In 1991, researchers administered the drug Uridine Triphosphate (UTP) by nasal spray to people with cystic fibrosis and observed that the exchange of salts (sodium and chloride) and water in their nasal cells had improved.

Further research is underway to examine the effectiveness of using aerosolized UTP in the lower respiratory tracts of people with cystic fibrosis.

 

Gene Therapy

Researchers believe that certain viruses may be able to enter the cells that line the respiratory system and correct the genetic material (DNA) that causes the chloride channel to malfunction.

Laboratory studies done in the early 1990s showed this method to be successful in correcting the chloride channel of the cells that line the nasal passages of people with cystic fibrosis.

Researchers are now examining different kinds of viruses to determine the most effective use of gene therapy to correct the defective chloride channel in the lungs of people with cystic fibrosis. Researchers are also looking at ways to use microscopic fat globules to deliver the normal gene to the cells.

 

Natural Airway Defenses Against Infection

 

Researchers recently identified defensin, a bacteria-fighting substance in the fluid that lines the airways of people with and without cystic fibrosis. Laboratory studies showed that defensins exposed to high concentrations of salt lost their abilities to destroy bacteria.

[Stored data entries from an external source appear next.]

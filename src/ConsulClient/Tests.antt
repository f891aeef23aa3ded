-- ===== src/ConsulClient/Tests.antt =====
-- Requests to Consul with each kind of ending, and the metrics that are counted.
use frontik.Prelude.{ℕ, String, some, [], ◌∷◌, map, eqb, if◌then◌else◌, ◌≡◌, refl, decimal}
use frontik.ConsulClient.{
  Outcome, returns, raises, consul_exception, Response, sync_request, sync_client, track, Count,
}
use frontik.ConsulClient.Events.{reports, sync_request-reports}

-- a callback that takes responses with the code 200
abbrev ok_only : Response → Outcome String
ok_only r = if eqb r.code 200 then returns r.body else raises (consul_exception "ConsulException")

abbrev response : ℕ → Outcome Response
response code = returns (record { code = code; body = "b" })

sync_request-reports_example : sync_request "GET" "/v1" ok_only (response 500) ≡ (
  reports {A = String} "GET" "/v1" (some 500) (raises (consul_exception "ConsulException")),
  raises (consul_exception "ConsulException"),
)
sync_request-reports_example = sync_request-reports "GET" "/v1" ok_only (response 500)

-- One failed request counts two failures.
abbrev counted : Count
counted = record { metric = "consul-client.request"; result = "failure"; type = "ConsulException" }

counted_twice :
    map track ((sync_client ok_only (λ method path. response 500)).get "/v1").0
    ≡ record counted { type = "500" } ∷ counted ∷ []
unfolding track sync_request sync_client decimal
counted_twice = refl
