-- ===== src/DebugMode.antt =====
-- Debugging of a request: `DebugMode` of frontik/debug.py and `make_debug_mode` of
-- frontik/handler_asgi.py.
pub mod Access
mod Tests
use frontik.Prelude.{
  String, Bool, true, false, not, ◌||◌, Option, none, some, List, [], if◌then◌else◌, split_char,
  elem, is_some, last?, is_empty,
}
use frontik.Auth.{AuthHeaders, Checked, checked, value_error, check_debug_auth}

-- The values of one name among the query arguments, and in the cookies.
pub record Parameter : Type 0 where
  pub query_arguments : List String
  pub cookie : Option String

pub get_cookie_or_param_from_request : Parameter → Option String
get_cookie_or_param_from_request p = elim (last? p.query_arguments) [
  | some value ↦ some value
  | none ↦ p.cookie
]

pub record DebugRequest : Type 0 where
  pub debug : Parameter
  pub notpl : Parameter
  pub notrl : Parameter
  pub noxsl : Parameter
  -- the header `X-Hh-Debug`
  pub debug_header : Option String

-- `log_handler` is whether the request's log is collected.
pub record DebugMode : Type 0 where
  pub debug_value : Option String
  pub notpl : Option String
  pub notrl : Option String
  pub noxsl : Option String
  pub mode_values : List String
  pub inherited : Option String
  pub pass_debug : Bool
  pub enabled : Bool
  pub debug_response : Bool
  pub profile_xslt : Bool
  pub log_handler : Bool
  pub failed_auth_headers : Option String
  pub need_auth : Bool
  pub auth_failed : Option Bool

-- whether an optional text counts as true
unfoldable pub is_truthy : Option String → Bool
is_truthy none = false
is_truthy (some text) = not (is_empty text)

-- No value is an empty text in the source, which contains none of the words that are looked for.
unfoldable pub split_modes : Option String → List String
split_modes none = []
split_modes (some value) = split_char b',' value

unfoldable pub create : DebugRequest → DebugMode
unfolding get_cookie_or_param_from_request is_truthy split_modes
create request =
    let debug_value = get_cookie_or_param_from_request request.debug in
    let notpl = get_cookie_or_param_from_request request.notpl in
    let notrl = get_cookie_or_param_from_request request.notrl in
    let noxsl = get_cookie_or_param_from_request request.noxsl in
    record {
      debug_value = debug_value;
      notpl = notpl;
      notrl = notrl;
      noxsl = noxsl;
      mode_values = split_modes debug_value;
      inherited = request.debug_header;
      pass_debug = false;
      enabled = false;
      debug_response = false;
      profile_xslt = false;
      log_handler = false;
      failed_auth_headers = none;
      need_auth =
          is_some debug_value
          || (is_truthy request.debug_header
              || (is_some notpl || (is_some notrl || is_some noxsl)));
      auth_failed = none;
    }

unfoldable pub on_auth_ok : DebugMode → DebugMode
unfolding is_truthy
on_auth_ok mode = record mode {
  debug_response = is_some mode.debug_value || is_truthy mode.inherited;
  enabled = true;
  pass_debug = not (elem "nopass" mode.mode_values) || is_truthy mode.inherited;
  profile_xslt = elem "xslt" mode.mode_values;
  log_handler = true;
}

pub record DebugOptions : Type 0 where
  pub debug : Bool
  pub debug_login : Option String
  pub debug_password : Option String

unfoldable pub granted : DebugMode → DebugMode
unfolding on_auth_ok
granted mode = on_auth_ok (record mode { auth_failed = some false })

module _ (decode : String → Option String) where
  unfoldable pub by_challenge : DebugMode → Checked (Option String) → Checked DebugMode
  unfolding granted
  by_challenge mode value_error = value_error
  by_challenge mode (checked none) = checked (granted (record mode { failed_auth_headers = none }))
  by_challenge mode (checked (some challenge)) =
      checked (record mode { failed_auth_headers = some challenge; auth_failed = some true })

  pub require_debug_access :
      DebugOptions → AuthHeaders → Option Bool → DebugMode → Checked DebugMode
  unfolding by_challenge granted
  require_debug_access options headers (some true) mode =
      checked (record mode { auth_failed = some true })
  require_debug_access options headers (some false) mode = checked (granted mode)
  require_debug_access options headers none mode =
      if options.debug
      then checked (granted mode)
      else by_challenge mode
          (check_debug_auth decode headers options.debug_login options.debug_password)

  -- `make_debug_mode`; an application may have its own `require_debug_access`.
  unfoldable pub make_debug_mode :
      Option (DebugMode → Checked DebugMode)
      → DebugOptions
      → AuthHeaders
      → DebugRequest
      → Checked DebugMode
  unfolding require_debug_access
  make_debug_mode own options headers request =
      let mode = create request in
      if mode.need_auth
      then elim own [
        | none ↦ require_debug_access options headers none mode
        | some require ↦ require mode
      ]
      else checked mode
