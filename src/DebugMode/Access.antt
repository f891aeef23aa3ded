-- ===== src/DebugMode/Access.antt =====
-- Who may debug: the outcome of frontik/debug.py's checks.
use mathlib.Core.Path.{subst}
use frontik.Prelude.{
  String, Bool, true, false, not, ◌&&◌, ◌||◌, Option, none, some, if◌then◌else◌, elem, is_some, ◌≡◌,
  refl, sym, ap, ◌∙◌, Bool-cases, inl, inr,
}
use frontik.Auth.{AuthHeaders, Checked, checked, check_debug_auth}
use frontik.DebugMode.{
  DebugRequest, DebugMode, DebugOptions, create, granted, by_challenge, on_auth_ok,
  require_debug_access, make_debug_mode, is_truthy,
}

-- What a debug mode may do when access is given or not, and asked for or not.
pub record Follows (challenge : Option String) (access : Bool) (mode : DebugMode) : Type 0 where
  pub enabled : mode.enabled ≡ (mode.need_auth && access)
  pub log_handler : mode.log_handler ≡ mode.enabled
  pub failed : mode.auth_failed ≡ (if mode.need_auth then some (not access) else none)
  pub response :
      mode.debug_response ≡ (mode.enabled && (is_some mode.debug_value || is_truthy mode.inherited))
  pub passed :
      mode.pass_debug
      ≡ (mode.enabled && (not (elem "nopass" mode.mode_values) || is_truthy mode.inherited))
  pub profiled : mode.profile_xslt ≡ (mode.enabled && elem "xslt" mode.mode_values)
  pub challenged :
      mode.failed_auth_headers ≡ (if mode.need_auth && not access then challenge else none)

module _ (request : DebugRequest) (challenge : Option String) where
  abbrev asked : Bool
  asked = (create request).need_auth

  idle :
      (access : Bool) (mode : DebugMode)
      → asked ≡ false
      → create request ≡ mode
      → Follows challenge access mode
  unfolding create
  idle access mode h e = subst (Follows challenge access) e (record {
    enabled = rw h refl;
    log_handler = refl;
    failed = rw h refl;
    response = refl;
    passed = refl;
    profiled = refl;
    challenged = rw h refl;
  })

  allowed :
      (mode : DebugMode)
      → asked ≡ true
      → granted (create request) ≡ mode
      → Follows challenge true mode
  unfolding granted create on_auth_ok
  allowed mode h e = subst (Follows challenge true) e (record {
    enabled = rw h refl;
    log_handler = refl;
    failed = rw h refl;
    response = refl;
    passed = refl;
    profiled = refl;
    challenged = rw h refl;
  })

  refused :
      (mode : DebugMode)
      → asked ≡ true
      → record (create request) { failed_auth_headers = challenge; auth_failed = some true } ≡ mode
      → Follows challenge false mode
  unfolding create
  refused mode h e = subst (Follows challenge false) e (record {
    enabled = rw h refl;
    log_handler = refl;
    failed = rw h refl;
    response = refl;
    passed = refl;
    profiled = refl;
    challenged = rw h refl;
  })

checked_inj : {A : Type 0} {a b : A} → checked a ≡ checked b → a ≡ b
checked_inj e = cc

module _ (decode : String → Option String) (options : DebugOptions) (headers : AuthHeaders)
    (request : DebugRequest) where
  challenged :
      (challenge : Option String) (mode : DebugMode)
      → (create request).need_auth ≡ true
      → by_challenge decode (create request) (checked challenge) ≡ checked mode
      → Follows challenge (not (is_some challenge)) mode
  unfolding by_challenge
  challenged none mode on e = allowed request none mode on (unfold granted create in checked_inj e)
  challenged (some c) mode on e = refused request (some c) mode on (checked_inj e)

  requested :
      (challenge : Option String) (mode : DebugMode)
      → (create request).need_auth ≡ true
      → check_debug_auth decode headers options.debug_login options.debug_password
        ≡ checked challenge
      → require_debug_access decode options headers none (create request) ≡ checked mode
      → Follows challenge (options.debug || not (is_some challenge)) mode
  unfolding require_debug_access
  requested challenge mode on h e = elim (Bool-cases options.debug) [
    | inl debug ↦ rw debug (allowed request challenge mode on (checked_inj (rw debug at e)))
    | inr checks ↦ rw checks (challenged challenge mode on (rw (checks, h) at e))
  ]

-- When the credentials of the request are answered by `challenge`, or by none if they are right, its
-- debug mode is enabled and collects the log exactly if the request asks for debugging, and the
-- server runs in debug mode or there is no challenge; it then answers with the log if it has a value
-- for debugging or is inherited, is passed on unless the mode `nopass` is asked for and it is not
-- inherited, and profiles if the mode `xslt` is asked for. A request that asks for debugging without
-- access fails with the challenge; one that does not ask has no outcome of a check.
pub make_debug_mode-Follows :
    (decode : String → Option String) (options : DebugOptions) (headers : AuthHeaders)
    (request : DebugRequest) (challenge : Option String) (mode : DebugMode)
    → check_debug_auth decode headers options.debug_login options.debug_password ≡ checked challenge
    → make_debug_mode decode none options headers request ≡ checked mode
    → Follows challenge (options.debug || not (is_some challenge)) mode
unfolding make_debug_mode
make_debug_mode-Follows decode options headers request challenge mode h e =
    let answer : Bool → Checked DebugMode = λ b.
      if b
      then require_debug_access decode options headers none (create request)
      else checked (create request) in
    elim (Bool-cases (create request).need_auth) [
      | inr off ↦ idle request challenge _ mode off (checked_inj (sym (ap answer off) ∙ e))
      | inl on ↦
          requested decode options headers request challenge mode on h (sym (ap answer on) ∙ e)
    ]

Since people with cystic fibrosis have higher levels of salt in their airway fluids, their defensins become inactivated, resulting in an increased risk for lung infections. These findings offer researchers direction for future studies of ways to correct or improve the lung immunity of people with cystic fibrosis.

 

Novel Nutritional Therapy

 

Fats, or fatty acids, in the body's cell walls are important for the cell to function normally. People with cystic fibrosis have been found to be deficient in these fatty acids.

Docosahexaenoic acid (DHA) is a particular fatty acid that recently has been found to correct the basic defect in the organs affected by cystic fibrosis. In experiments using mice with symptoms of cystic fibrosis, the mice improved when given DHA.

Clinical trials with people who have cystic fibrosis are underway to evaluate the safety and effectiveness of using DHA to treat cystic fibrosis.

 

Repair Protein Therapy

 

Laboratory studies of 8-cyclopentyl-1, 3-dipropylxanthine (CPX) have found that this new drug "repairs" the chloride channel defects found in the delta F508 gene mutation.

Clinical trials with people who have cystic fibrosis are currently underway to examine the safety and effectiveness of this drug, which can be taken orally.